*** Excerpted data Section Begins ***

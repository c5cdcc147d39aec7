-- ===== src/Tests/Triage.antt =====
-- Triages of one capture, repeated and under other keys.
use docplane.Base.{◌≡◌, refl, none, some}
use docplane.Json.{Json, null}
use docplane.Http.{Result, ok, raise, key}
use docplane.Receipts.{find_receipt}
use docplane.Work.Types.{Db}
use docplane.Work.Captures.{CaptureCreate, create_capture}
use docplane.Work.Triage.{Request, to_promote, to_discard, triage}
use docplane.Work.Triage.Once.{Later, now, after_create, triage_once}
use docplane.Tests.Work.{start, context, present, present_capture, db_of, reply_of}

abbrev discard : Request
discard = to_discard (some "no")

abbrev promote : Request
promote = to_promote (record {
  workspace_id = none;
  initiative_key = none;
  title = none;
  objective = none;
  priority = "NORMAL";
  note = none;
})

abbrev discarding : Result (Json × Db)
discarding = triage present_capture present context (some "k3") "c" discard "h" start

discarding_passes : discarding ≡ ok (reply_of discarding, db_of discarding)
unfolding triage
discarding_passes = refl

abbrev idea : CaptureCreate
idea = record { body = "another idea"; kind = "IDEA"; origin = null }

abbrev creating : Result (Json × Db)
creating = create_capture context present_capture present (some "k5") idea "h5" (db_of discarding)

creating_passes : creating ≡ ok (reply_of creating, db_of creating)
unfolding triage create_capture
creating_passes = refl

abbrev created_later : Later present_capture present (db_of discarding) (db_of creating)
created_later =
    after_create context (some "k5") idea "h5" (db_of discarding) (db_of creating) (db_of creating)
      (reply_of creating) creating_passes (now (db_of creating))

-- A promotion under a new key is refused.
triage_once_example :
    triage present_capture present context (some "k4") "c" promote "h" (db_of creating)
    ≡ raise 409 "CAPTURE_ALREADY_TRIAGED"
unfolding triage create_capture key find_receipt
triage_once_example =
    triage_once present_capture present context (some "k3") "k3" "c" discard "h" start
      (db_of discarding) (db_of creating) (reply_of discarding) context (some "k4") "k4" promote "h"
      refl refl discarding_passes created_later refl

-- The discard itself, delivered again, gets its answer.
discarded_again :
    triage present_capture present context (some "k3") "c" discard "h" (db_of creating)
    ≡ ok (reply_of discarding, db_of creating)
unfolding triage create_capture key find_receipt
discarded_again =
    triage_once present_capture present context (some "k3") "k3" "c" discard "h" start
      (db_of discarding) (db_of creating) (reply_of discarding) context (some "k3") "k3" discard "h"
      refl refl discarding_passes created_later refl
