-- ===== src/Work.antt =====
-- docs-api/app/work_api.py and work_models.py: initiatives, their closure, and the capture inbox.
pub mod Types
pub mod Gates
pub mod Closure
pub mod Rows
pub mod Transition
pub mod Patch
pub mod Admitted
pub mod Lifecycle
pub mod Captures
pub mod Inbox
pub mod Triage
pub mod Create
pub mod Soak
pub mod Dependencies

*** Excerpted data Section Ends ***

## Assignment
Every line of the data is to be retyped without alteration.

## Your solution
repository c5cdcc147d39aec7
-- ===== src/Tests/Triage.antt =====
-- Triages of one capture, repeated and under other keys.
use docplane.Base.{◌≡◌, refl, none, some}
use docplane.Json.{Json, null}
use docplane.Http.{Result, ok, raise, key}
use docplane.Receipts.{find_receipt}
use docplane.Work.Types.{Db}
use docplane.Work.Captures.{CaptureCreate, create_capture}
use docplane.Work.Triage.{Request, to_promote, to_discard, triage}
use docplane.Work.Triage.Once.{Later, now, after_create, triage_once}
use docplane.Tests.Work.{start, context, present, present_capture, db_of, reply_of}

abbrev discard : Request
discard = to_discard (some "no")

abbrev promote : Request
promote = to_promote (record {
  workspace_id = none;
  initiative_key = none;
  title = none;
  objective = none;
  priority = "NORMAL";
  note = none;
})

abbrev discarding : Result (Json × Db)
discarding = triage present_capture present context (some "k3") "c" discard "h" start

discarding_passes : discarding ≡ ok (reply_of discarding, db_of discarding)
unfolding triage
discarding_passes = refl

abbrev idea : CaptureCreate
idea = record { body = "another idea"; kind = "IDEA"; origin = null }

abbrev creating : Result (Json × Db)
creating = create_capture context present_capture present (some "k5") idea "h5" (db_of discarding)

creating_passes : creating ≡ ok (reply_of creating, db_of creating)
unfolding triage create_capture
creating_passes = refl

abbrev created_later : Later present_capture present (db_of discarding) (db_of creating)
created_later =
    after_create context (some "k5") idea "h5" (db_of discarding) (db_of creating) (db_of creating)
      (reply_of creating) creating_passes (now (db_of creating))

-- A promotion under a new key is refused.
triage_once_example :
    triage present_capture present context (some "k4") "c" promote "h" (db_of creating)
    ≡ raise 409 "CAPTURE_ALREADY_TRIAGED"
unfolding triage create_capture key find_receipt
triage_once_example =
    triage_once present_capture present context (some "k3") "k3" "c" discard "h" start
      (db_of discarding) (db_of creating) (reply_of discarding) context (some "k4") "k4" promote "h"
      refl refl discarding_passes created_later refl

-- The discard itself, delivered again, gets its answer.
discarded_again :
    triage present_capture present context (some "k3") "c" discard "h" (db_of creating)
    ≡ ok (reply_of discarding, db_of creating)
unfolding triage create_capture key find_receipt
discarded_again =
    triage_once present_capture present context (some "k3") "k3" "c" discard "h" start
      (db_of discarding) (db_of creating) (reply_of discarding) context (some "k3") "k3" discard "h"
      refl refl discarding_passes created_later refl
-- ===== src/Work.antt =====
-- docs-api/app/work_api.py and work_models.py: initiatives, their closure, and the capture inbox.
pub mod Types
pub mod Gates
pub mod Closure
pub mod Rows
pub mod Transition
pub mod Patch
pub mod Admitted
pub mod Lifecycle
pub mod Captures
pub mod Inbox
pub mod Triage
pub mod Create
pub mod Soak
pub mod Dependencies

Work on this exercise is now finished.